Amiga, OS/2, NeXT ... I don't know enough about these, or they didn't last long enough to experience the complexity curve.

TL;DR

I think it is safe to say that Microsoft has the most experience trying to wrangle failed UI/UX experiments at scale. Mac & Google are just learning this. I think it will be at least a decade before the latter two are able to conceptually shrink the UX footprint of the O/S. My guess: everything converges to tile-based mobile-like UIs on desktop, laptop and mobile. Mobile OSes are just fine for desktops. IMO.

1 comments

> Tiles and old-time Dialogs are in constant contention, the look in feel is at war with itself.
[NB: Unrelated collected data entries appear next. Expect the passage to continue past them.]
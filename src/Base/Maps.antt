-- ===== src/Base/Maps.antt =====
-- A JavaScript `Map` and a Redis keyspace with text keys, as association lists.
use Prim.Native.String.{String}
use mathlib.Core.Path.{◌≡◌, refl}
use mathlib.Core.Option.{Option, none, some}
use mathlib.Core.List.{List, [], ◌∷◌}
use native.Mathlib.Omega.{arith}
use text.Mathlib.TextEquality.{eq_iff}
use text.Mathlib.TextPositions.{eq_refl}
use blocktic_backend.Base.Tests.{◌==◌, string_eq, if◌then◌else◌}

module _ {V : Type 0} where
  -- `map.get(k)`
  abbrev pub lookup : (key : String) → List (String × V) → Option V
  lookup key [] = none
  lookup key (p ∷ entries) = if p.0 == key then some p.1 else lookup key entries

  -- `map.set(k, v)`: a key that is present keeps its place.
  abbrev pub insert : (key : String) (value : V) → List (String × V) → List (String × V)
  insert key value [] = (key, value) ∷ []
  insert key value (p ∷ entries) =
      if p.0 == key then (p.0, value) ∷ entries else p ∷ insert key value entries

  -- `map.delete(k)`
  abbrev pub without : (key : String) → List (String × V) → List (String × V)
  without key [] = []
  without key (p ∷ entries) = if p.0 == key then without key entries else p ∷ without key entries

  pub lookup-insert :
      (key other : String) (value : V) (entries : List (String × V))
      → lookup other (insert key value entries)
        ≡ (if key == other then some value else lookup other entries)
  lookup-insert key other value [] = refl
  lookup-insert key other value (p ∷ entries) =
      let later = lookup-insert key other value entries in
      ground (arith, eq_iff p.0 key, eq_iff p.0 other, eq_iff key other, later)

  pub lookup-without :
      (key other : String) (entries : List (String × V))
      → lookup other (without key entries) ≡ (if key == other then none else lookup other entries)
  lookup-without key other [] = ground arith
  lookup-without key other (p ∷ entries) =
      let later = lookup-without key other entries in
      ground (arith, eq_iff p.0 key, eq_iff p.0 other, eq_iff key other, later)

  pub lookup-insert_self :
      (key : String) (value : V) (entries : List (String × V))
      → lookup key (insert key value entries) ≡ some value
  lookup-insert_self key value entries = rw (lookup-insert key key value entries, eq_refl key) refl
Many years ago MS made a book which pretty much said "Official UX guidelines" on the cover; later this was available in MSDN. It was actually quite good, though of course the OS never managed to adhere consistently. Useful advice for developers. Now there is only a short guideline with a mixture of different technologies and mostly focusing on tiny details, no big picture at all.

The change in these guidelines is reminiscent of the change experienced in the accompanying Windows releases.

(That being said, I'm baffled just how bad the default styling of Windows 10 looks. It reminds me of the flat styling available in 2000/XP [I don't mean the standard 3D 95 look]. And I was taken aback that someone somehow somewhere managed to actually make the Windows 10 start menu worse than the Windows 7 start menu, which was already laughably bad.)